When --top N drops some children, the parent gets truncated_count and truncated_size fields so consumers can tell how much was hidden. file_count / dir_count always reflect the full scanned subtree — they don't change with --top or --max-depth.

NDJSON

{"type":"meta","wire_version":2,"duvis_version":"0.1.4","scan_root":"/Users/me/project",...}
{"type":"entry","name":"project","relative_path":".","depth":0,"size":460195536,...}
{"type":"entry","name":"target","relative_path":"target","depth":1,"size":460091645,...}

One JSON object per line, in DFS pre-order (parent before its children). Designed for streaming pipelines: duvis ~/projects --ndjson | jq -c 'select(.size > 1e8)'.

🧠 Concepts

Categories

duvis classifies entries into a small core vocabulary that always appears in the legend, plus a handful of extended categories that show up only when something matches them. Core stays compact for typical project trees; extended pops into view when relevant (e.g. a model_cache row appears on an AI dev machine, an installer row appears in ~/Downloads).

Core

cache — package and tool caches (node_modules/, .cache/, __pycache__/, .cargo/, ...)
build — build artifacts (target/, dist/, build/, .next/, ...)
log — log files (*.log, logs/, ...)
media — images, video, audio
vcs — version control metadata (.git/, ...)
ide — IDE/editor metadata (.idea/, .vscode/, ...)
other — everything else

Extended (shown only when present)

archive — compressed bundles (*.zip, *.tar.gz, *.7z, *.zst, ...)
installer — install packages (*.dmg, *.pkg, *.exe, *.deb, *.AppImage, ...)
vm_image — virtual machine disk images (*.vdi, *.vmdk, *.qcow2, OrbStack's data.img.raw, ...)
model_cache — local AI model stores (.ollama/, .lmstudio/, .huggingface/)
backup — backups (Time Machine, *.bak, *.backup, *.old)
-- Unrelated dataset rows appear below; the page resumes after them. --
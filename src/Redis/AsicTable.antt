-- ===== src/Redis/AsicTable.antt =====
-- What the requests of syncd/Syncd.cpp ask of the objects kept in ASIC_STATE, beside the stored
-- maps: the interface to `removeAsicObject` of syncd/RedisClient.cpp.
use sonic_otairedis.Common.{ℕ, ◌≡◌, Method}
use sonic_otairedis.Redis.VidMap.{VidMap}

pub record AsicTable (m : VidMap) : Type 0 where
  pub remove_asic : ℕ → Method m.Db (Unit {0})

-- The objects and the maps are apart, whether the call returns or throws.
pub record IsAsicTable (m : VidMap) (a : AsicTable m) : Type 0 where
  pub get_vid-remove :
      (db : m.Db) (vid rid : ℕ)
      → m.get_vid_for_rid (a.remove_asic vid db).1 rid ≡ m.get_vid_for_rid db rid
  pub get_rid-remove :
      (db : m.Db) (vid vid' : ℕ)
      → m.get_rid_for_vid (a.remove_asic vid db).1 vid' ≡ m.get_rid_for_vid db vid'
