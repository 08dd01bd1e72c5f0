-- ===== src/Translator.antt =====
-- syncd/VirtualOidTranslator.cpp: RIDs of the vendor library to VIDs and back, through two local
-- maps in front of the stored ones. The mutex makes each method one step, so a method is a function
-- on the state; the stored maps are an interface, and the type that the vendor library gives a RID
-- is an argument.
pub mod Coherence
pub mod Transparency
pub mod NewRid
pub mod Removal
pub mod Linked
pub mod RoundTrip
pub mod Attributes
use sonic_otairedis.Common.{
  ℕ, Bool, true, false, not, ◌&&◌, ◌||◌, Option, none, some, List, [], ◌∷◌, Result, ok, throws,
  Method, after, ◌==◌, if◌then◌else◌, NatMap, no_entries, put, erase,
}
use sonic_otairedis.Otai.{ObjectTypes}
use sonic_otairedis.Redis.VidMap.{VidMap}
use sonic_otairedis.Oid.Virtual.{allocate_new_object_id}

-- m_rid2vid, m_vid2rid, m_removedRid2vid, and the database behind m_client.
pub record Translator (m : VidMap) : Type 0 where
  pub rid2vid : NatMap ℕ
  pub vid2rid : NatMap ℕ
  pub removed_rid2vid : NatMap ℕ
  pub db : m.Db

abbrev pub is_some {ℓ} : {A : Type ℓ} → Option A → Bool
is_some none = false
is_some (some a) = true

module _ ⦃t : ObjectTypes⦄ (m : VidMap) where
  open t use {null_object_id, null_type, linecard}
  open m use {
    Db, get_vid_for_rid, get_rid_for_vid, insert_vid_and_rid, remove_vid_and_rid, increment,
  }

  unfoldable pub insert_rid_and_vid : ℕ → ℕ → Translator m → Translator m
  insert_rid_and_vid rid vid s = record s {
    rid2vid = put s.rid2vid rid vid;
    vid2rid = put s.vid2rid vid rid;
    db = insert_vid_and_rid s.db vid rid;
  }

  unfoldable pub erase_rid_and_vid : ℕ → ℕ → Translator m → Translator m
  erase_rid_and_vid rid vid s = record s {
    rid2vid = erase s.rid2vid rid;
    vid2rid = erase s.vid2rid vid;
    removed_rid2vid = put s.removed_rid2vid rid vid;
    db = remove_vid_and_rid s.db vid rid;
  }

  pub clear_local_cache : Translator m → Translator m
  clear_local_cache s = record s {
    rid2vid = no_entries;
    vid2rid = no_entries;
    removed_rid2vid = no_entries;
  }

  -- A RID that came from the database is put into the local map.
  found_rid : ℕ → ℕ → Method (Translator m) ℕ
  found_rid vid rid s =
      if rid == null_object_id
      then (throws "unable to get RID for VID", s)
      else (ok rid, record s { vid2rid = put s.vid2rid vid rid })

  unfoldable pub translate_vid_to_rid : ℕ → Method (Translator m) ℕ
  unfolding found_rid
  translate_vid_to_rid vid s =
      if vid == null_object_id then (ok null_object_id, s) else elim (s.vid2rid vid) [
        | some rid ↦ (ok rid, s)
        | none ↦ after (found_rid vid) (get_rid_for_vid s.db vid) s
      ]

  -- `true` and the RID, or `false` where `translateVidToRid` threw.
  unfoldable pub try_translate_vid_to_rid : ℕ → Translator m → Option ℕ × Translator m
  try_translate_vid_to_rid vid s =
      let (r, s') = translate_vid_to_rid vid s in
      (elim r [ ok rid ↦ some rid | throws message ↦ none ], s')

  -- `vid` is the variable that is passed by reference, with the value that it has before the call.
  unfoldable pub try_translate_rid_to_vid : ℕ → ℕ → Translator m → Result (Bool × ℕ)
  try_translate_rid_to_vid rid vid s =
      if rid == null_object_id then ok (true, null_object_id) else elim (s.rid2vid vid) [
        | some found ↦ ok (true, found)
        | none ↦ elim (get_vid_for_rid s.db rid) [
          | throws message ↦ throws message
          | ok stored ↦ ok (not (stored == null_object_id), stored)
        ]
      ]

  pub check_rid_exists : ℕ → Bool → Translator m → Result Bool
  check_rid_exists rid check_removed s =
      if rid == null_object_id || is_some (s.rid2vid rid)
      then ok true
      else elim (get_vid_for_rid s.db rid) [
        | throws message ↦ throws message
        | ok stored ↦
            ok
              (not (stored == null_object_id) || (check_removed && is_some (s.removed_rid2vid rid)))
      ]

  pub save_new : ℕ → Result ℕ × Db → Method (Translator m) ℕ
  save_new rid (throws message, db) s = (throws message, record s { db = db })
  save_new rid (ok vid, db) s = (ok vid, insert_rid_and_vid rid vid (record s { db = db }))

  module _ (vendor_type : ℕ → ℕ) where
    spot_new : ℕ → ℕ → Method (Translator m) ℕ
    unfolding save_new insert_rid_and_vid
    spot_new rid linecard_vid s =
        if vendor_type rid == null_type
        then (throws "vendorOtai->objectTypeQuery returned NULL type for RID", s)
        else if vendor_type rid == linecard
        then (throws "RID is linecard object, but not in local or redis db, bug!", s)
        else save_new rid (allocate_new_object_id increment (vendor_type rid) linecard_vid s.db) s

    removed_or_new : ℕ → ℕ → Bool → Method (Translator m) ℕ
    unfolding spot_new
    removed_or_new rid linecard_vid translate_removed s =
        elim (if translate_removed then s.removed_rid2vid rid else none) [
          | some vid ↦ (ok vid, s)
          | none ↦ spot_new rid linecard_vid s
        ]

    stored_or_new : ℕ → ℕ → Bool → ℕ → Method (Translator m) ℕ
    unfolding removed_or_new
    stored_or_new rid linecard_vid translate_removed vid s =
        if vid == null_object_id
        then removed_or_new rid linecard_vid translate_removed s
        else (ok vid, s)

    unfoldable pub translate_rid_to_vid : ℕ → ℕ → Bool → Method (Translator m) ℕ
    unfolding stored_or_new
    translate_rid_to_vid rid linecard_vid translate_removed s =
        if rid == null_object_id then (ok null_object_id, s) else elim (s.rid2vid rid) [
          | some vid ↦ (ok vid, s)
          | none ↦
              after (stored_or_new rid linecard_vid translate_removed) (get_vid_for_rid s.db rid) s
        ]

    -- The overload for a list of RIDs: an element that throws ends the loop.
    unfoldable pub translate_rids : List ℕ → ℕ → Bool → Method (Translator m) (List ℕ)
    translate_rids [] linecard_vid translate_removed s = (ok [], s)
    translate_rids (rid ∷ rids) linecard_vid translate_removed s =
        after
          (λ vid s'.
            after (λ vids s''. (ok (vid ∷ vids), s''))
              (translate_rids rids linecard_vid translate_removed s').0
              (translate_rids rids linecard_vid translate_removed s').1)
          (translate_rid_to_vid rid linecard_vid translate_removed s).0
          (translate_rid_to_vid rid linecard_vid translate_removed s).1

  pub translate_vids : List ℕ → Method (Translator m) (List ℕ)
  translate_vids [] s = (ok [], s)
  translate_vids (vid ∷ vids) s =
      after
        (λ rid s'.
          after (λ rids s''. (ok (rid ∷ rids), s'')) (translate_vids vids s').0
            (translate_vids vids s').1)
        (translate_vid_to_rid vid s).0 (translate_vid_to_rid vid s).1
Categories are assigned by directory or file name. Once a directory is classified as anything other than other, everything inside it inherits that category — because that directory is the natural grouping unit (a node_modules is a single thing, not a heap of unrelated files). The outermost named ancestor wins, so a project root that happens to contain a giant node_modules is not itself classified as cache.

Why is this `cache`? — `--explain-category`

When you see a category in a scan and want to know which rule fired, run:

$ duvis --explain-category node_modules
"node_modules"
  as directory: cache        (matched directory rule: node_modules)
  as file:      other        (no rule matched; defaulted to other)
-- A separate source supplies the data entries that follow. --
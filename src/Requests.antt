-- ===== src/Requests.antt =====
-- The requests on one object of syncd/Syncd.cpp, `processOid` and the functions that it calls, over
-- the translator and the vendor library, which is a parameter.
pub mod Laws
pub mod Outcome
pub mod AsicState
pub mod Events
use sonic_otairedis.Common.{
  ℕ, Bool, true, false, List, [], ◌∷◌, Result, ok, throws, Method, after, ◌==◌, if◌then◌else◌,
}
use sonic_otairedis.Otai.{ObjectTypes, Status, success, is_success}
use sonic_otairedis.Metadata.{Attribute}
use sonic_otairedis.Serialize.ObjectId.{Text, otai_deserialize_object_id}
use sonic_otairedis.Oid.VidManager
use sonic_otairedis.Redis.VidMap.{VidMap}
use sonic_otairedis.Redis.AsicTable.{AsicTable}
use sonic_otairedis.Translator.{
  Translator, insert_rid_and_vid, erase_rid_and_vid, translate_vid_to_rid, try_translate_rid_to_vid,
}

-- The vendor library, with the state V of the hardware: calls of C functions, which do not throw.
-- `create` gives its status and what it writes for the new id, `get` the list that it writes.
pub record Vendor (V : Type 0) : Type 0 where
  pub create : ℕ → ℕ → List Attribute → V → (Status × ℕ) × V
  pub remove : ℕ → ℕ → V → Status × V
  pub set : ℕ → ℕ → List Attribute → V → Status × V
  pub get : ℕ → ℕ → List Attribute → V → (Status × List Attribute) × V

-- The translator, with the database behind it, and the hardware.
pub record Syncd (m : VidMap) (V : Type 0) : Type 0 where
  pub translator : Translator m
  pub hardware : V

pub data Api : Type 0 where
  create_api remove_api set_api get_api other_api : Api

module _ ⦃t : ObjectTypes⦄ (m : VidMap) (table : AsicTable m) {V : Type 0} (vendor : Vendor V) where
  open t use {null_object_id, linecard}

  -- A method of the translator.
  abbrev pub on_translator : {A : Type 0} → Method (Translator m) A → Method (Syncd m V) A
  on_translator f w = let (r, tr) = f w.translator in (r, record w { translator = tr })

  -- `m_client->removeAsicObject`, on the database behind the translator.
  remove_asic_object : ℕ → Method (Translator m) (Unit {0})
  remove_asic_object vid tr =
      let (r, db) = table.remove_asic vid tr.db in (r, record tr { db = db })

  -- A RID that is known already loses its VID, and that VID its object.
  forget_old : ℕ → Bool × ℕ → Method (Translator m) (Unit {0})
  unfolding remove_asic_object
  forget_old rid (false, old) tr = (ok tt, tr)
  forget_old rid (true, old) tr = remove_asic_object old (erase_rid_and_vid m rid old tr)

  -- What follows a successful creation. `stale` is what the variable `objectVidOld` holds before
  -- `tryTranslateRidToVid` reads it.
  unfoldable pub save_created : ℕ → ℕ → ℕ → Method (Translator m) (Unit {0})
  unfolding forget_old
  save_created rid vid stale tr =
      after
        (λ found tr'.
          after (λ done tr''. (ok tt, insert_rid_and_vid m rid vid tr''))
            (forget_old rid found tr').0 (forget_old rid found tr').1)
        (try_translate_rid_to_vid m rid stale tr) tr

  -- The constructor of `OtaiLinecard`, which reads and stores what a new linecard has, is an argument.
  module _ (start_linecard : ℕ → ℕ → Method (Syncd m V) (Unit {0})) where
    finish_create : ℕ → ℕ → ℕ → ℕ → Status × ℕ → Method (Syncd m V) Status
    unfolding save_created
    finish_create object_type linecard_vid vid stale (success, rid) w =
        after
          (λ saved w'.
            if object_type == linecard
            then after (λ started w''. (ok success, w'')) (start_linecard linecard_vid rid w').0
                (start_linecard linecard_vid rid w').1
            else (ok success, w'))
          (on_translator (save_created rid vid stale) w).0
          (on_translator (save_created rid vid stale) w).1
    finish_create object_type linecard_vid vid stale (status, rid) w = (ok status, w)

    create_on : ℕ → ℕ → ℕ → List Attribute → ℕ → ℕ → Method (Syncd m V) Status
    unfolding finish_create
    create_on object_type linecard_vid vid attrs stale linecard_rid w =
        let (answer, hw) = vendor.create object_type linecard_rid attrs w.hardware in
        finish_create object_type linecard_vid vid stale answer (record w { hardware = hw })

    unfoldable pub process_oid_create : ℕ → ℕ → List Attribute → ℕ → Method (Syncd m V) Status
    unfolding create_on
    process_oid_create object_type vid attrs stale w =
        after
          (λ linecard_vid w'.
            if object_type == linecard
            then create_on object_type linecard_vid vid attrs stale null_object_id w'
            else after (create_on object_type linecard_vid vid attrs stale)
                (on_translator (translate_vid_to_rid m linecard_vid) w').0
                (on_translator (translate_vid_to_rid m linecard_vid) w').1)
          (VidManager.linecard_id_query vid) w

  finish_remove : ℕ → ℕ → ℕ → Status → Method (Syncd m V) Status
  finish_remove object_type vid rid success w =
      let w' = record w { translator = erase_rid_and_vid m rid vid w.translator } in
      if object_type == linecard
      then (throws "remove linecard is not implemented, FIXME", w')
      else (ok success, w')
  finish_remove object_type vid rid status w = (ok status, w)

  remove_rid : ℕ → ℕ → ℕ → Method (Syncd m V) Status
  unfolding finish_remove
  remove_rid object_type vid rid w =
      let (status, hw) = vendor.remove object_type rid w.hardware in
      finish_remove object_type vid rid status (record w { hardware = hw })

  unfoldable pub process_oid_remove : ℕ → ℕ → Method (Syncd m V) Status
  unfolding remove_rid
  process_oid_remove object_type vid w =
      after (remove_rid object_type vid) (on_translator (translate_vid_to_rid m vid) w).0
        (on_translator (translate_vid_to_rid m vid) w).1

  -- `attrs` is the pointer to the list; the library reads its first attribute.
  pub process_oid_set : ℕ → ℕ → List Attribute → Method (Syncd m V) Status
  process_oid_set object_type vid attrs w =
      after
        (λ rid w'.
          let (status, hw) = vendor.set object_type rid attrs w'.hardware in
          (ok status, record w' { hardware = hw }))
        (on_translator (translate_vid_to_rid m vid) w).0
        (on_translator (translate_vid_to_rid m vid) w).1

  pub process_oid_get : ℕ → ℕ → List Attribute → Method (Syncd m V) (Status × List Attribute)
  process_oid_get object_type vid attrs w =
      after
        (λ rid w'.
          let (answer, hw) = vendor.get object_type rid attrs w'.hardware in
          (ok answer, record w' { hardware = hw }))
        (on_translator (translate_vid_to_rid m vid) w).0
        (on_translator (translate_vid_to_rid m vid) w).1

  module _ (start_linecard : ℕ → ℕ → Method (Syncd m V) (Unit {0})) where
    -- The attributes come back as the request leaves them: only `get` writes to them.
    dispatch : Api → ℕ → ℕ → List Attribute → ℕ → Method (Syncd m V) (Status × List Attribute)
    unfolding process_oid_create process_oid_remove process_oid_set process_oid_get
    dispatch create_api object_type vid attrs stale w =
        after (λ status w'. (ok (status, attrs), w'))
          (process_oid_create start_linecard object_type vid attrs stale w).0
          (process_oid_create start_linecard object_type vid attrs stale w).1
    dispatch remove_api object_type vid attrs stale w =
        after (λ status w'. (ok (status, attrs), w')) (process_oid_remove object_type vid w).0
          (process_oid_remove object_type vid w).1
    dispatch set_api object_type vid attrs stale w =
        after (λ status w'. (ok (status, attrs), w')) (process_oid_set object_type vid attrs w).0
          (process_oid_set object_type vid attrs w).1
    dispatch get_api object_type vid attrs stale w = process_oid_get object_type vid attrs w
    dispatch other_api object_type vid attrs stale w = (throws "common api is not implemented", w)

    unfoldable pub process_oid :
        Api → ℕ → Text → List Attribute → ℕ → Method (Syncd m V) (Status × List Attribute)
    unfolding dispatch
    process_oid api object_type str_object_id attrs stale w =
        after (λ vid. dispatch api object_type vid attrs stale)
          (otai_deserialize_object_id str_object_id) w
$ duvis --explain-category data.img.raw
"data.img.raw"
  as directory: other        (no rule matched; defaulted to other)
  as file:      vm_image     (matched filename suffix: data.img.raw)

The same name can match different rules in each role (directory vs file), so both interpretations are always shown. Pass --json for structured output — useful when an agent wants to consume the rule that fired, not just the category. --explain-category skips scanning entirely; the PATH argument is ignored when this flag is given.

How sizes are measured

On Unix, duvis reports the bytes a file actually occupies on disk (st_blocks × 512, the same default as du). Sparse files like VM images — for example OrbStack's data.img.raw — show their real footprint, not the multi-terabyte logical size you'd get from ls -l.

Hardlinked files are counted once per inode by default, also matching du — a 1 GB file with two hardlinks contributes 1 GB to the total, not 2 GB. The first path to reach the inode reports the bytes; later links report 0. Pass --hardlinks count-each to opt out and have every link contribute its full size (matching tools that don't dedupe by inode).

Windows falls back to apparent size for now and does not dedupe hardlinks.

❓ FAQ

Why port 7515?

In the spirit of Vite's 5173 (SITE/VITE written with Roman numerals + leet — V=5, I=1, T=7, E=3), duvis defaults to 7515: drop D (it's basically a closed O), tilt U on its side and it's a 7, V=5 (Roman), I=1, S=5 (leet). Not assigned to anything in the IANA registry, far enough from the 8080/3000/5173 clash zones, and if it's still busy on your machine duvis quietly falls back to a free OS-assigned port.